▶ **Requirement**:
Return each line of the data below that contains the string "TimeoutInfo".

▶ **Extracted material**:
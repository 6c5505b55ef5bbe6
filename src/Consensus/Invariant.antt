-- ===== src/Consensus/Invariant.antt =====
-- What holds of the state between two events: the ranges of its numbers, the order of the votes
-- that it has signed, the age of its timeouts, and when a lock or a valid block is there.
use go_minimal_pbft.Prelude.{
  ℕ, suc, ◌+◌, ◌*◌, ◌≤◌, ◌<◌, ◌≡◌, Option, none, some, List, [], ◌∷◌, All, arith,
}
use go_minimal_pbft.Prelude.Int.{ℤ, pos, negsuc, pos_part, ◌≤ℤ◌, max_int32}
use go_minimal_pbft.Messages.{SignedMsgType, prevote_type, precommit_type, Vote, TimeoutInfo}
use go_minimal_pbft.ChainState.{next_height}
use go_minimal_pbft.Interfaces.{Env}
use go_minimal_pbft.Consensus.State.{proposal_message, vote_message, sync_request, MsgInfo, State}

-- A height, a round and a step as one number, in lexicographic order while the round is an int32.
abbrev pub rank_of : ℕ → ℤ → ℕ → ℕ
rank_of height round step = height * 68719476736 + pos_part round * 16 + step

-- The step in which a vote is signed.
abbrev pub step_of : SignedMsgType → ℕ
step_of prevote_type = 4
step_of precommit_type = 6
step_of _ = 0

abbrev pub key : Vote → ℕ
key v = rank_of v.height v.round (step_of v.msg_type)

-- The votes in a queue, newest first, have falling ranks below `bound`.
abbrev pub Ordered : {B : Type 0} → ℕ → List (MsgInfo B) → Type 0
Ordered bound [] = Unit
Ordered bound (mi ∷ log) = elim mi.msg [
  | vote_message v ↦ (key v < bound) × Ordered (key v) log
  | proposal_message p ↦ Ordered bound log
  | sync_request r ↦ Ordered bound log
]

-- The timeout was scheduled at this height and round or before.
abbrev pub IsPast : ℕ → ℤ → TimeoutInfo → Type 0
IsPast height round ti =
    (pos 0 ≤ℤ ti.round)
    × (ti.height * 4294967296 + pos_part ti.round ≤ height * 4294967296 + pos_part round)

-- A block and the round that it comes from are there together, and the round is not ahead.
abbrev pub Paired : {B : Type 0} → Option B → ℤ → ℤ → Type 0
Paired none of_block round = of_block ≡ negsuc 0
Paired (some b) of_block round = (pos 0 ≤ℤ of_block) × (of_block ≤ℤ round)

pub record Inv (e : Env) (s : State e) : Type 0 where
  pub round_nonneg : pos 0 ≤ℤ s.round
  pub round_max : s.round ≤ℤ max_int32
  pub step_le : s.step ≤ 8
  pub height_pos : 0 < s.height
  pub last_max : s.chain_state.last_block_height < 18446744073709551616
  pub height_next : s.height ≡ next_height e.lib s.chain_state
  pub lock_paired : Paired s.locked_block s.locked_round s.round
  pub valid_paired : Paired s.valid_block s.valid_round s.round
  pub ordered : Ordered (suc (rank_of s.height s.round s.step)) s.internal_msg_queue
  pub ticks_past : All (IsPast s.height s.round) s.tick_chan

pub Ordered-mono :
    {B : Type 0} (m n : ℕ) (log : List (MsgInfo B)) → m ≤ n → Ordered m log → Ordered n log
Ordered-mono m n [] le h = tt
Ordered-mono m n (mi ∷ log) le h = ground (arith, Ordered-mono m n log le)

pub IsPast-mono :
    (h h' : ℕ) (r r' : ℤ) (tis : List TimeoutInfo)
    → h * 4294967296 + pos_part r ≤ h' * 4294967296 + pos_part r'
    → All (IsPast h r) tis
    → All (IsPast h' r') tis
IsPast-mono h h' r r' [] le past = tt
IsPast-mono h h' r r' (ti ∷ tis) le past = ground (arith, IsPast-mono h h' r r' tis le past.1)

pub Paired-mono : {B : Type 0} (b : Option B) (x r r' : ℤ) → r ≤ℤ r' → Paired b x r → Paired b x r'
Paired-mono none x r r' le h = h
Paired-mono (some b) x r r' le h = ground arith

▶ **Answer box**:
use go_minimal_pbft.Messages.{SignedMsgType, prevote_type, precommit_type, Vote, TimeoutInfo}
abbrev pub IsPast : ℕ → ℤ → TimeoutInfo → Type 0
    (h h' : ℕ) (r r' : ℤ) (tis : List TimeoutInfo)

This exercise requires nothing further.